### TASK REQUIREMENTS
Two lines mark the range in the entries below: the one holding "pub is_short : hex_short" and the one holding "pub is_last : newest". Set down those two and all lines between them, exactly.

### DATASET ENTRIES

________________________

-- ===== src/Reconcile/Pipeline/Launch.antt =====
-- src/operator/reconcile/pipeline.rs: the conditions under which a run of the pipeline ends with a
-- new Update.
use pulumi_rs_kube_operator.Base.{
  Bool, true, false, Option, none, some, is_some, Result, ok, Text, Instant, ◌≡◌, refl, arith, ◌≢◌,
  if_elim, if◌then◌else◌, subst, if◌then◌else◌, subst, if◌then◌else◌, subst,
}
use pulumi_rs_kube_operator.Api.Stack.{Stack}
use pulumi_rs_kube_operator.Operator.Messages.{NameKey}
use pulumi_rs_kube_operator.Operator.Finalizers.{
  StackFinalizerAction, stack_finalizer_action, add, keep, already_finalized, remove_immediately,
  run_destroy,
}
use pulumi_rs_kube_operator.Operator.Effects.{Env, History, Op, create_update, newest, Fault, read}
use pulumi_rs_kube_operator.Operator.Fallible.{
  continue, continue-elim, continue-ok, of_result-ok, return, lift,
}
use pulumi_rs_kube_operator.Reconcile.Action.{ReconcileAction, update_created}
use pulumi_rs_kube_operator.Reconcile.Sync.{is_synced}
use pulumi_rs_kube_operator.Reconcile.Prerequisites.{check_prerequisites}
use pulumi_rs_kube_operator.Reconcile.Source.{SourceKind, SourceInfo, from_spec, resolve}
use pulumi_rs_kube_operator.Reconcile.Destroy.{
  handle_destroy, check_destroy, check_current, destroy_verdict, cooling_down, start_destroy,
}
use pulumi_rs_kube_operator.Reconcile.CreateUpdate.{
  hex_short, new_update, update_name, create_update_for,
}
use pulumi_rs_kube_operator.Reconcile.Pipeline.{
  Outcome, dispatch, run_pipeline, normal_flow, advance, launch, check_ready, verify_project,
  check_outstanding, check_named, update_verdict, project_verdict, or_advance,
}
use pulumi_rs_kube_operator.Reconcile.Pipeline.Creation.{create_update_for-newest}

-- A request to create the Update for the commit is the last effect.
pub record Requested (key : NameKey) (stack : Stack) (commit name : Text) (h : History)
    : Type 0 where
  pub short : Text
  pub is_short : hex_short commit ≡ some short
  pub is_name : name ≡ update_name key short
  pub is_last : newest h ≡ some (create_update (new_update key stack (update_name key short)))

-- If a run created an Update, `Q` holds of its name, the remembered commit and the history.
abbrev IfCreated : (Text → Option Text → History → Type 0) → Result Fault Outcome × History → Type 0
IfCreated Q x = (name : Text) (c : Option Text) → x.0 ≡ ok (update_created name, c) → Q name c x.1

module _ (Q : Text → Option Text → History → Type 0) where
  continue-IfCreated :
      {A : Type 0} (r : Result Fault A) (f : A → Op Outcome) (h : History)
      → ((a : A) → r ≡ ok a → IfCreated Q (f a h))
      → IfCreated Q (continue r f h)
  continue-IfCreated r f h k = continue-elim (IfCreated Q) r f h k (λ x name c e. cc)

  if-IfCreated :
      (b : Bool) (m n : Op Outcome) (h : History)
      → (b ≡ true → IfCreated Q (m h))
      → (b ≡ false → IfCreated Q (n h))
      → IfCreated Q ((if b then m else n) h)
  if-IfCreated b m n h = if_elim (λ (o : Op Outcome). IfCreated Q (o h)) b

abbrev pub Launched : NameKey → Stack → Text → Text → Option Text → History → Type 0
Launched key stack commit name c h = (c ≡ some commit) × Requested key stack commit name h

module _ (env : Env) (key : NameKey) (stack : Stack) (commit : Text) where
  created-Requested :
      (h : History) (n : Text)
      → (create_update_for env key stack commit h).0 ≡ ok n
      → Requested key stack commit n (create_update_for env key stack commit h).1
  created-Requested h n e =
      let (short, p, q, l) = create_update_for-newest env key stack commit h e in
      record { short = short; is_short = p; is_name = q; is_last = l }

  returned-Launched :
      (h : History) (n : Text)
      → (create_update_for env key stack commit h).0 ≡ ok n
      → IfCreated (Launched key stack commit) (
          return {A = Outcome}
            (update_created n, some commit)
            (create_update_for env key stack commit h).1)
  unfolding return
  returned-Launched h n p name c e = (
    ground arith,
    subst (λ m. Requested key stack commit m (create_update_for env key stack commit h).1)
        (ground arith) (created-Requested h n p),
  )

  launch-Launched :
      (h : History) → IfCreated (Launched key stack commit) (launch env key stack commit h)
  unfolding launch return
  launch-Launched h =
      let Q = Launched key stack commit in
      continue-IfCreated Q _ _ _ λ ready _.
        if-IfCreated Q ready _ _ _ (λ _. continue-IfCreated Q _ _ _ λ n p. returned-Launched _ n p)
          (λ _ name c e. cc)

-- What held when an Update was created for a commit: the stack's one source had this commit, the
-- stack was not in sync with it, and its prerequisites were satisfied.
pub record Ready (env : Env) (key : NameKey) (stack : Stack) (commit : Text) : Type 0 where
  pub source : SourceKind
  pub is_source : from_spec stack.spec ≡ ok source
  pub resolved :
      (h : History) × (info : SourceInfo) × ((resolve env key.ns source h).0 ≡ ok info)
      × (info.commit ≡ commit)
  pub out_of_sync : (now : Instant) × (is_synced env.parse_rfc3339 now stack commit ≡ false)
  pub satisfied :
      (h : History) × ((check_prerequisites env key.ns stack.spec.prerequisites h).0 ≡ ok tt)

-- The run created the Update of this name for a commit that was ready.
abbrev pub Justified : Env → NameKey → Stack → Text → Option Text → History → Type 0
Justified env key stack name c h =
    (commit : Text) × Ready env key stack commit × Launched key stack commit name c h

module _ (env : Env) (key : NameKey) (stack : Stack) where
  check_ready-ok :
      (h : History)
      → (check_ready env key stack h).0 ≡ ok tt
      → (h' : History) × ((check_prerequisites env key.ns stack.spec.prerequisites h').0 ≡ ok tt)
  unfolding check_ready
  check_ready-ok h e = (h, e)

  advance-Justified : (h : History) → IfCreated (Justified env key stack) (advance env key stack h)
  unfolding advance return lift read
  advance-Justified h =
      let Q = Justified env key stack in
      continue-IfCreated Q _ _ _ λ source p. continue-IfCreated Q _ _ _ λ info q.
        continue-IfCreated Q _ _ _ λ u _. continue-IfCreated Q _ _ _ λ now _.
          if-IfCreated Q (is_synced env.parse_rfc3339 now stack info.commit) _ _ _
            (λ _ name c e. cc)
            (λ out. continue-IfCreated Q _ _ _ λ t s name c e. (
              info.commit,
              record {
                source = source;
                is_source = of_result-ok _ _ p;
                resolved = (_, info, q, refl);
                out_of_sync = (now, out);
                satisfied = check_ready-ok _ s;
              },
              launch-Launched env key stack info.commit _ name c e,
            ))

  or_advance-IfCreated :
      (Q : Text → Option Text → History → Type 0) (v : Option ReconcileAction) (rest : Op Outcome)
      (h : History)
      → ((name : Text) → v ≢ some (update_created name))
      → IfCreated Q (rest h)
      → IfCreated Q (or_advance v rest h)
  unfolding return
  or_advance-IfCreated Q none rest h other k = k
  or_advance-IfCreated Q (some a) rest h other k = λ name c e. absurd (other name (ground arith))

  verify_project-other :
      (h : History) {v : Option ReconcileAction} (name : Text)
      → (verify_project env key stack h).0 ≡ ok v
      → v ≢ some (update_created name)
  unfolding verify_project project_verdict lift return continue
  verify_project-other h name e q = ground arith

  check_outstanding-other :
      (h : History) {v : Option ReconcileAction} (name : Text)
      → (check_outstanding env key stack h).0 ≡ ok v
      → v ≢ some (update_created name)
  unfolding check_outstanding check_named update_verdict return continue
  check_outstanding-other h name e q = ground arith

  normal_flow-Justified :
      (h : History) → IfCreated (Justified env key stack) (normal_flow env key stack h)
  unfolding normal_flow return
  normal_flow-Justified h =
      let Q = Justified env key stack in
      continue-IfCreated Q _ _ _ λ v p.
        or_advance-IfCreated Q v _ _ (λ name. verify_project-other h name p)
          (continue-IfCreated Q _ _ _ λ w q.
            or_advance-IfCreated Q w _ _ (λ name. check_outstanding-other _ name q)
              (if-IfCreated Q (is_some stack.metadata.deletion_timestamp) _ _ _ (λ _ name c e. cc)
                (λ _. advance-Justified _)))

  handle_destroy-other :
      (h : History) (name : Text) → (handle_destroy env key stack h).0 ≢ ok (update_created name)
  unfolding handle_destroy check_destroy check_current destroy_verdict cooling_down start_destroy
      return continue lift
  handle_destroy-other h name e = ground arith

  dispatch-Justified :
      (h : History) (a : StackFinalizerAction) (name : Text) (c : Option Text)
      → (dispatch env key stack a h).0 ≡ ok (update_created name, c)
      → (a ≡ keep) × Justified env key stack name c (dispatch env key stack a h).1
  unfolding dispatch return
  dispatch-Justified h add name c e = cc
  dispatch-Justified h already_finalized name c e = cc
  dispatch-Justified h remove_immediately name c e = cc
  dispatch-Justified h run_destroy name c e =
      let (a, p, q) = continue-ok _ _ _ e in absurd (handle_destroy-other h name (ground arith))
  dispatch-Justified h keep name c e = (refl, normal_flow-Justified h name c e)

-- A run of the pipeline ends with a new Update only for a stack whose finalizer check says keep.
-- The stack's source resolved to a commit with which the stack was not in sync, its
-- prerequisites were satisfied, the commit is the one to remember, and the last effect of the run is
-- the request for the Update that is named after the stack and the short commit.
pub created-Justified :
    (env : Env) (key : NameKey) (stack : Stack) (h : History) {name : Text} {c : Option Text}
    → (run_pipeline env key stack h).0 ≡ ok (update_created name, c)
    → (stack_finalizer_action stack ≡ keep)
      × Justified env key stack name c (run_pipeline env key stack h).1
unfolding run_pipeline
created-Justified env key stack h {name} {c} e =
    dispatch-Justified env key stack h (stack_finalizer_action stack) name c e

________________________

### SOLUTION FOR THIS TASK
  pub is_short : hex_short commit ≡ some short
  pub is_name : name ≡ update_name key short
  pub is_last : newest h ≡ some (create_update (new_update key stack (update_name key short)))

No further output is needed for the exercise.